John Hart of the Legislative Revenue Office said the office posted a handout in OLISS covering federal gift‑tax mechanics and migration data by age and adjusted gross income. Hart summarized federal rules: the federal gift and estate tax are unified, there is an annual gift exclusion (stated in committee materials as $19,000 per person for the year in the handout), and certain payments such as tuition, medical payments, spousal and charitable gifts are excluded from gift‑tax treatment. Hart also noted how tax basis differs for lifetime gifts (recipient takes donor’s basis) versus assets received through an estate (basis generally stepped to fair‑market value at date of death in the examples provided).

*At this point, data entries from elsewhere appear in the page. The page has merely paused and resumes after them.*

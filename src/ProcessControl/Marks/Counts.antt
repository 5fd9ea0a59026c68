-- ===== src/ProcessControl/Marks/Counts.antt =====
-- What a visible window counts for in src/process_control.c.
use browser_guard.Prelude.{
  ℕ, ◌+◌, ◌<◌, ◌≡◌, refl, ◌∙◌, Bool, true, false, arith, inl, inr, Bool-cases, ◌==◌, if◌then◌else◌,
  size_mod, size_add,
}
use browser_guard.Windows.{Desktop}
use browser_guard.ProcessControl.{BrowserGroup}
use browser_guard.ProcessControl.Marks.{
  take_anchor, mark_anchor, count_window, mark_foreground, mark_window,
}

-- Only the anchor and the foreground mark differ.
record SameCounts (g g' : BrowserGroup) : Type 0 where
  pub minimized : g'.minimized_window_count ≡ g.minimized_window_count
  pub restored : g'.visible_restored_window_count ≡ g.visible_restored_window_count
  pub pids : g'.pids ≡ g.pids
  pub audio : g'.has_audio ≡ g.has_audio
  pub visible : g'.has_visible_window ≡ g.has_visible_window

same : (g : BrowserGroup) → SameCounts g g
same g = record { minimized = refl; restored = refl; pids = refl; audio = refl; visible = refl }

either :
    {D : Type 0} {g : BrowserGroup} (test : Bool) (o o' : BrowserGroup × D)
    → SameCounts g o.0
    → SameCounts g o'.0
    → SameCounts g (if test then o else o').0
either true o o' h h' = h
either false o o' h h' = h'

module _ {D : Type 0} ⦃ds : Desktop D⦄ where
  take_anchor-SameCounts :
      (hwnd : ℕ) (g : BrowserGroup) (d : D) → SameCounts g (take_anchor hwnd g d).0
  unfolding take_anchor
  take_anchor-SameCounts hwnd g d = record {
    minimized = refl;
    restored = refl;
    pids = refl;
    audio = refl;
    visible = refl;
  }

  mark_anchor-SameCounts :
      (hwnd : ℕ) (g : BrowserGroup) (d : D) → SameCounts g (mark_anchor hwnd g d).0
  unfolding mark_anchor
  mark_anchor-SameCounts hwnd g d =
      let (iconic, d1) = ds.is_iconic hwnd d in
      either (g.anchor_window == 0) (if iconic then (g, d1) else take_anchor hwnd g d1) (g, d)
        (either iconic (g, d1) (take_anchor hwnd g d1) (same g) (take_anchor-SameCounts hwnd g d1))
        (same g)

  mark_foreground-SameCounts :
      (foreground hwnd : ℕ) (g : BrowserGroup) (d : D)
      → SameCounts g (mark_foreground foreground hwnd g d).0
  unfolding mark_foreground
  mark_foreground-SameCounts foreground hwnd g d =
      let (iconic, d1) = ds.is_iconic hwnd d in
      let g1 : BrowserGroup = record g { has_foreground_window = true } in
      let t = take_anchor-SameCounts hwnd g1 d1 in
      either (hwnd == foreground) (if iconic then (g, d1) else take_anchor hwnd g1 d1) (g, d)
        (either iconic (g, d1) (take_anchor hwnd g1 d1) (same g)
          (record {
            minimized = t.minimized;
            restored = t.restored;
            pids = t.pids;
            audio = t.audio;
            visible = t.visible;
          }))
        (same g)

  count_window-one :
      (hwnd : ℕ) (g : BrowserGroup) (d : D)
      → g.minimized_window_count + g.visible_restored_window_count + 1 < size_mod
      → let m = (count_window hwnd g d).0 in
        (m.minimized_window_count + m.visible_restored_window_count
          ≡ g.minimized_window_count + g.visible_restored_window_count + 1)
        × (m.pids ≡ g.pids)
        × (m.has_audio ≡ g.has_audio)
        × (m.has_visible_window ≡ g.has_visible_window)
  unfolding count_window size_add
  count_window-one hwnd g d fits = elim (Bool-cases (ds.is_iconic hwnd d).0) [
    | inl iconic ↦ rw (iconic, count_window) (ground arith, refl, refl, refl)
    | inr restored ↦ rw (restored, count_window) (ground arith, refl, refl, refl)
  ]

  pub mark_window-counts :
      (foreground hwnd : ℕ) (g : BrowserGroup) (d : D)
      → g.minimized_window_count + g.visible_restored_window_count + 1 < size_mod
      → let m = (mark_window foreground hwnd g d).0 in
        (m.minimized_window_count + m.visible_restored_window_count
          ≡ g.minimized_window_count + g.visible_restored_window_count + 1)
        × (m.pids ≡ g.pids)
        × (m.has_audio ≡ g.has_audio)
        × (m.has_visible_window ≡ true)
  unfolding mark_window
  mark_window-counts foreground hwnd g d fits =
      let g0 : BrowserGroup = record g { has_visible_window = true } in
      let (g1, d1) = mark_anchor hwnd g0 d in
      let (g2, d2) = count_window hwnd g1 d1 in
      let a = mark_anchor-SameCounts hwnd g0 d in
      let c = count_window-one hwnd g1 d1 (omega (arith, a.minimized, a.restored)) in
      let f = mark_foreground-SameCounts foreground hwnd g2 d2 in
      (
        omega (arith, a.minimized, a.restored, c.0, f.minimized, f.restored),
        f.pids ∙ (c.1 ∙ a.pids),
        f.audio ∙ (c.2 ∙ a.audio),
        f.visible ∙ (c.3 ∙ a.visible),
      )

  count_window-pids :
      (hwnd : ℕ) (g : BrowserGroup) (d : D) → (count_window hwnd g d).0.pids ≡ g.pids
  unfolding count_window
  count_window-pids hwnd g d = elim (Bool-cases (ds.is_iconic hwnd d).0) [
    | inl iconic ↦ rw (iconic, count_window) refl
    | inr restored ↦ rw (restored, count_window) refl
  ]

  pub mark_window-pids :
      (foreground hwnd : ℕ) (g : BrowserGroup) (d : D)
      → (mark_window foreground hwnd g d).0.pids ≡ g.pids
  unfolding mark_window
  mark_window-pids foreground hwnd g d =
      let g0 : BrowserGroup = record g { has_visible_window = true } in
      let (g1, d1) = mark_anchor hwnd g0 d in
      let (g2, d2) = count_window hwnd g1 d1 in
      (mark_foreground-SameCounts foreground hwnd g2 d2).pids
      ∙ count_window-pids hwnd g1 d1
      ∙ (mark_anchor-SameCounts hwnd g0 d).pids
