-- ===== src/ProcessControl/Groups/Pids.antt =====
-- The process ids in the groups that src/process_control.c collects and marks.
use browser_guard.Prelude.{
  ℕ, ◌≡◌, sym, subst, Option, none, some, List, [], ◌∷◌, Text, All, if◌then◌else◌, on_if, on_option,
  text_ieq, ◌==◌,
}
use browser_guard.Windows.{Processes, Desktop}
use browser_guard.ProcessControl.{BrowserGroup}
use browser_guard.ProcessControl.Groups.{
  SecurityContext, is_manageable_browser_process, collect_entries, collect_process,
  collect_browser_groups, find_group_by_name, change_group, mark_audio_group, mark_audio_groups,
  any_exists,
}
use browser_guard.ProcessControl.Groups.Collect.{Holding, collect_process-Holding, Holding-if}
use browser_guard.ProcessControl.Marks.{
  mark_window, mark_named, enum_windows_callback, mark_windows, mark_foreground_groups,
  query_process_base_name,
}
use browser_guard.ProcessControl.Marks.Counts.{mark_window-pids}

some_group : {g h : BrowserGroup} → some g ≡ some h → g ≡ h
some_group e = cc

module _ {ℓ} (Q : ℕ → Type ℓ) where
  -- Every process of every group has the property.
  abbrev pub OfAll : List BrowserGroup → Type ℓ
  OfAll = All (λ g. All Q g.pids)

  Holding-OfAll : (gs : List BrowserGroup) → All (Holding Q) gs → OfAll gs
  Holding-OfAll [] h = tt
  Holding-OfAll (g ∷ gs) h = (h.0.each, Holding-OfAll gs h.1)

  -- What holds of all processes of the snapshot.
  abbrev pub OfSnapshot : Option (List (ℕ × Text)) → Type ℓ
  OfSnapshot none = Unit
  OfSnapshot (some entries) = All (λ e. Q e.0) entries

  module _ {P : Type 0} ⦃ps : Processes P⦄ (context : SecurityContext) (capacity : ℕ) where
    collect_entries-Holding :
        (es : List (ℕ × Text)) (gs : List BrowserGroup) (s : P)
        → All (λ e. Q e.0) es
        → All (Holding Q) gs
        → All (Holding Q) (collect_entries context capacity es gs s).0
    unfolding collect_entries
    collect_entries-Holding [] gs s q h = h
    collect_entries-Holding (e ∷ es) gs s q h =
        let (manageable, s1) = is_manageable_browser_process context e.0 e.1 s in
        let more = collect_process capacity e.0 e.1 gs in
        collect_entries-Holding es (if manageable then more else gs) s1 q.1
          (Holding-if Q manageable more gs (collect_process-Holding Q capacity e.0 e.1 gs q.0 h) h)

    pub collect_browser_groups-OfAll :
        (snapshot : Option (List (ℕ × Text))) (s : P)
        → OfSnapshot snapshot
        → OfAll (collect_browser_groups context capacity snapshot s).0
    unfolding collect_browser_groups
    collect_browser_groups-OfAll none s q = tt
    collect_browser_groups-OfAll (some entries) s q =
        Holding-OfAll (collect_entries context capacity entries [] s).0
          (collect_entries-Holding entries [] s q tt)

  pub mark_audio_groups-OfAll :
      (pids : List ℕ) (gs : List BrowserGroup) → OfAll gs → OfAll (mark_audio_groups pids gs)
  unfolding mark_audio_groups mark_audio_group
  mark_audio_groups-OfAll pids [] h = tt
  mark_audio_groups-OfAll pids (g ∷ gs) h = (
    on_if (λ (x : BrowserGroup). All Q x.pids) (any_exists pids g.pids) _ _ (λ _. h.0) (λ _. h.0),
    mark_audio_groups-OfAll pids gs h.1,
  )

  find_group_by_name-OfAll :
      (name : Text) (gs : List BrowserGroup) (g : BrowserGroup)
      → find_group_by_name name gs ≡ some g
      → OfAll gs
      → All Q g.pids
  unfolding find_group_by_name
  find_group_by_name-OfAll name [] g e h = cc
  find_group_by_name-OfAll name (x ∷ gs) g e h =
      on_if (λ (o : Option BrowserGroup). o ≡ some g → All Q g.pids) (text_ieq x.exe_name name) _ _
        (λ _ f. subst (λ (y : BrowserGroup). All Q y.pids) (some_group f) h.0)
        (λ _ f. find_group_by_name-OfAll name gs g f h.1) e

  change_group-OfAll :
      (marked : BrowserGroup) (name : Text) (gs : List BrowserGroup)
      → All Q marked.pids
      → OfAll gs
      → OfAll (change_group (λ _. marked) name gs)
  unfolding change_group
  change_group-OfAll marked name [] q h = tt
  change_group-OfAll marked name (g ∷ gs) q h =
      on_if OfAll (text_ieq g.exe_name name) _ _ (λ _. (q, h.1))
        (λ _. (h.0, change_group-OfAll marked name gs q h.1))

  module _ {D : Type 0} ⦃ds : Desktop D⦄ where
    mark_named-OfAll :
        (foreground hwnd : ℕ) (name : Text) (gs : List BrowserGroup) (d : D)
        → OfAll gs
        → OfAll (mark_named foreground hwnd name gs d).0
    unfolding mark_named
    mark_named-OfAll foreground hwnd name gs d h =
        on_option (λ (r : List BrowserGroup × D). OfAll r.0) (find_group_by_name name gs) _ _
          (λ _. h)
          (λ g e.
            change_group-OfAll (mark_window foreground hwnd g d).0 name gs
              (subst (All Q) (sym (mark_window-pids foreground hwnd g d))
                (find_group_by_name-OfAll name gs g e h))
              h)

  module _ {P D : Type 0} ⦃ps : Processes P⦄ ⦃ds : Desktop D⦄ where
    abbrev Kept : List BrowserGroup × P × D → Type ℓ
    Kept r = OfAll r.0

    enum_windows_callback-OfAll :
        (foreground hwnd : ℕ) (gs : List BrowserGroup) (s : P) (d : D)
        → OfAll gs
        → OfAll (enum_windows_callback foreground hwnd gs s d).0
    unfolding enum_windows_callback
    enum_windows_callback-OfAll foreground hwnd gs s d h =
        let (visible, d1) = ds.is_visible hwnd d in
        let (pid, d2) = ds.window_pid hwnd d1 in
        on_if Kept visible _ _
          (λ _.
            on_if Kept (pid == 0) _ _ (λ _. h)
              (λ _.
                on_option Kept (query_process_base_name pid s).0 _ _ (λ _. h)
                  (λ name _. mark_named-OfAll foreground hwnd name gs d2 h)))
          (λ _. h)

    mark_windows-OfAll :
        (foreground : ℕ) (windows : List ℕ) (gs : List BrowserGroup) (s : P) (d : D)
        → OfAll gs
        → OfAll (mark_windows foreground windows gs s d).0
    unfolding mark_windows
    mark_windows-OfAll foreground [] gs s d h = h
    mark_windows-OfAll foreground (hwnd ∷ rest) gs s d h =
        let (gs1, s1, d1) = enum_windows_callback foreground hwnd gs s d in
        mark_windows-OfAll foreground rest gs1 s1 d1
          (enum_windows_callback-OfAll foreground hwnd gs s d h)

    pub mark_foreground_groups-OfAll :
        (gs : List BrowserGroup) (s : P) (d : D)
        → OfAll gs
        → OfAll (mark_foreground_groups gs s d).0
    unfolding mark_foreground_groups
    mark_foreground_groups-OfAll gs s d h =
        let (foreground, d1) = ds.foreground_window d in
        let (windows, d2) = ds.enum_windows d1 in mark_windows-OfAll foreground windows gs s d2 h
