-- ===== src/Guard/Loop/Main/Collected.antt =====
-- The groups that a turn of the main loop in src/browser_guard.c works on.
use browser_guard.Prelude.{◌<◌, inl, inr, Option-cases, dword_mod}
use browser_guard.Windows.{Processes, Desktop}
use browser_guard.Windows.Laws.{ProcessLaws, Quiet}
use browser_guard.Windows.Kept.{Quiet-queries}
use browser_guard.Windows.Quiet.{Quiet-trans}
use browser_guard.Windows.Session.{Session}
use browser_guard.Windows.Session.Laws.{QuietSession}
use browser_guard.Windows.Input.{Input}
use browser_guard.ProcessControl.Groups.{
  SecurityContext, collect_browser_groups, max_browser_groups,
}
use browser_guard.ProcessControl.Groups.Pids.{
  OfSnapshot, collect_browser_groups-OfAll, mark_foreground_groups-OfAll, mark_audio_groups-OfAll,
}
use browser_guard.ProcessControl.Kept.{collect_browser_groups-kept, mark_foreground_groups-kept}
use browser_guard.ProcessControl.Marks.{mark_foreground_groups}
use browser_guard.Guard.Crash.{SmallGroups}
use browser_guard.Guard.Loop.Main.{collect_groups}

module _ {P : Type 0} ⦃ps : Processes P⦄ ⦃ss : Session P⦄ (laws : ProcessLaws ps)
    (quiet : QuietSession laws ss) where
  small_snapshot : (p : P) → OfSnapshot (λ pid. pid < dword_mod) (ss.snapshot p).0
  small_snapshot p = elim (Option-cases (ss.snapshot p).0) [
    | inl e ↦ rw e tt
    | inr (entries, e) ↦ rw e (quiet.snapshot_ids p entries e)
  ]

module _ {P D : Type 0} ⦃ps : Processes P⦄ ⦃ss : Session P⦄ ⦃ds : Desktop D⦄ ⦃is : Input D⦄
    (laws : ProcessLaws ps) (quiet : QuietSession laws ss) (context : SecurityContext) where
  open laws use {suspensions, resumes}

  pub collect_groups-Quiet :
      (p : P) (d : D) → Quiet suspensions resumes p (collect_groups context p d).1
  unfolding collect_groups
  collect_groups-Quiet p d =
      let queries = Quiet-queries laws in
      let (snapshot, p1) = ss.snapshot p in
      let (groups, p2) = collect_browser_groups context max_browser_groups snapshot p1 in
      Quiet-trans (quiet.snapshot_quiet p) (
        Quiet-trans (collect_browser_groups-kept queries context max_browser_groups snapshot p1)
          (mark_foreground_groups-kept queries groups p2 d))

  pub collect_groups-SmallGroups : (p : P) (d : D) → SmallGroups (collect_groups context p d).0
  unfolding collect_groups
  collect_groups-SmallGroups p d =
      let (snapshot, p1) = ss.snapshot p in
      let (groups, p2) = collect_browser_groups context max_browser_groups snapshot p1 in
      let (marked, p3, d1) = mark_foreground_groups groups p2 d in
      mark_audio_groups-OfAll (λ pid. pid < dword_mod) (is.active_audio_pids d1).0 marked
        (mark_foreground_groups-OfAll (λ pid. pid < dword_mod) groups p2 d
          (collect_browser_groups-OfAll (λ pid. pid < dword_mod) context max_browser_groups snapshot
            p1 (small_snapshot laws quiet p)))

Hart presented IRS return‑based migration tables showing inflow and outflow of tax returns and AGI by age group. He cautioned the committee that returns are an imperfect proxy for migration because they reflect where taxpayers want correspondence mailed and do not capture non‑filers; nonetheless the data provide useful patterns. For all ages, LRO’s charts show historically net in‑migration for Oregon but two recent years of roughly even or negative net returns. For taxpayers age 65 and older the data previously showed net in‑migration; for a subset of taxpayers age 65+ with AGI over $200,000, returns still indicated net in‑migration through 2021, though AGI flows showed a slight outflow in 2022.
Committee members asked when 2023 data would be available; Hart said the IRS schedule governs availability and he would follow up with the committee on timing. Members noted the importance of age‑ and income‑specific migration patterns for estate‑tax policymaking, because demographic and income composition can change both population totals and the tax base.
The committee did not take formal action; LRO said it would provide more data or updates as requested.